#### EXTRACTED RECORDS:
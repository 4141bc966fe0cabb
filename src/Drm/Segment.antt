-- ===== src/Drm/Segment.antt =====
-- The entry points of src/drm/cenc.rs for whole buffers.
use mediaflow_proxy_light.Base.{
  ℕ, Bool, not, ◌&&◌, ◌||◌, List, [], ◌∷◌, ◌++◌, Option, none, some, ◌==◌, if◌then◌else◌, is_empty,
  Bytes, lookup, insert, ℕ_eq, Outcome, done, ◌>>=◌ as outcome_bind,
}
use mediaflow_proxy_light.Mp4.{Atom, pack, new_parser, list_atoms}
use mediaflow_proxy_light.Drm.Cipher.{Ciphers}
use mediaflow_proxy_light.Drm.Tags
use mediaflow_proxy_light.Drm.Decrypter.{new_decrypter, Method, ◌>>=◌, ◌>>◌, pure, lift}
use mediaflow_proxy_light.Drm.Keys.{build_key_map_from_hex}
use mediaflow_proxy_light.Drm.Moov.{process_moov}
use mediaflow_proxy_light.Drm.Moof.{process_moof, process_sidx}
use mediaflow_proxy_light.Drm.Mdat.{decrypt_mdat}

-- `atoms.iter().find(|a| a.atom_type == type_tag)`
unfoldable pub find_atom : ℕ → List Atom → Option Atom
find_atom tag [] = none
find_atom tag (a ∷ rest) = if a.atom_type == tag then some a else find_atom tag rest

-- The assembly of `decrypt_segment`'s output: an atom of a processed type is written as the
-- processed one, whichever of that type it is.
abbrev pub is_init_type : ℕ → Bool
is_init_type t = t == Tags.ftyp || t == Tags.moov

abbrev pub output_atom : List (ℕ × Atom) → Atom → Atom
output_atom processed a = elim (lookup a.atom_type processed) [ some p ↦ p | none ↦ a ]

unfoldable pub assemble : Bool → List (ℕ × Atom) → List Atom → Bytes
assemble include_init processed [] = []
assemble include_init processed (a ∷ rest) =
    let out = assemble include_init processed rest in
    if not include_init && is_init_type a.atom_type
    then out
    else pack (output_atom processed a) ++ out

-- The result of `decrypt_segment` and `process_drm_init_segment`: `Result<Vec<u8>, String>`.
pub data DrmResult : Type 0 where
  ok : Bytes → DrmResult
  no_valid_keys : DrmResult

-- The output of `process_init_only`, given the processed `moov`.
unfoldable pub replace_moov : Option Atom → List Atom → Bytes
replace_moov processed [] = []
replace_moov processed (a ∷ rest) =
    let out : Bytes = elim processed [ some p ↦ pack p | none ↦ pack a ] in
    (if a.atom_type == Tags.moov then out else pack a) ++ replace_moov processed rest

unfoldable pub process_init_only : Bytes → Method Bytes
unfolding find_atom replace_moov
process_init_only init = do
  atoms ← lift (list_atoms (new_parser init))
  moov_processed ← elim (find_atom Tags.moov atoms) [
    | none ↦ pure none
    | some a ↦ process_moov a >>= λ p. pure (some p)
  ]
  pure (replace_moov moov_processed atoms)

unfoldable pub init_loop : List Atom → Method (Unit {0})
init_loop [] = pure tt
init_loop (a ∷ rest) = do
  if a.atom_type == Tags.moov then process_moov a >>= (λ _. pure tt) else pure tt
  init_loop rest

-- It primes the state from every `moov` box and discards what the boxes become.
unfoldable pub init_from_segment : Bytes → Method (Unit {0})
unfolding init_loop
init_from_segment init = do atoms ← lift (list_atoms (new_parser init)); init_loop atoms

module _ (c : Ciphers) where
  unfoldable pub process_atom : Atom → Method Atom
  process_atom a =
      if a.atom_type == Tags.moov
      then process_moov a
      else if a.atom_type == Tags.moof
      then process_moof a
      else if a.atom_type == Tags.sidx
      then (λ s. done (process_sidx s a, s))
      else if a.atom_type == Tags.mdat
      then (λ s. outcome_bind (decrypt_mdat c s a) (λ p. done (p, s)))
      else pure a

  -- The loop over the canonical order: the first atom of each type, processed.
  unfoldable pub process_types : List ℕ → List Atom → List (ℕ × Atom) → Method (List (ℕ × Atom))
  unfolding process_atom find_atom
  process_types [] atoms processed = pure processed
  process_types (tag ∷ tags) atoms processed = elim (find_atom tag atoms) [
    | none ↦ process_types tags atoms processed
    | some a ↦ process_atom a >>= λ p. process_types tags atoms (insert tag p processed)
  ]

  abbrev pub canonical_order : List ℕ
  canonical_order = Tags.moov ∷ Tags.moof ∷ Tags.sidx ∷ Tags.mdat ∷ []

  -- `Mp4Decrypter::decrypt_segment`
  unfoldable pub decrypt_combined : Bytes → Bool → Method Bytes
  unfolding process_types assemble
  decrypt_combined combined include_init = do
    atoms ← lift (list_atoms (new_parser combined))
    processed ← process_types canonical_order atoms []
    pure (assemble include_init processed atoms)

  module _ (hex_decode : Bytes → Option Bytes) where
    unfoldable pub decrypt_segment : Bytes → Bytes → Bytes → Bytes → Bool → Outcome DrmResult
    unfolding decrypt_combined
    decrypt_segment init_segment segment_content key_id key include_init =
        let key_map = build_key_map_from_hex hex_decode key_id key in
        if is_empty key_map
        then done no_valid_keys
        else outcome_bind
            (decrypt_combined (init_segment ++ segment_content) include_init
              (new_decrypter key_map))
            (λ r. done (ok r.0))

    unfoldable pub process_drm_init_segment : Bytes → Bytes → Bytes → Outcome DrmResult
    unfolding process_init_only
    process_drm_init_segment init_segment key_id key =
        let key_map = build_key_map_from_hex hex_decode key_id key in
        if is_empty key_map
        then done no_valid_keys
        else outcome_bind (process_init_only init_segment (new_decrypter key_map))
            (λ r. done (ok r.0))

#### ACTIVITY:
Search term "Bool": count the lines of the listing in which it appears, and give the number with nothing further.

#### RESULT:
5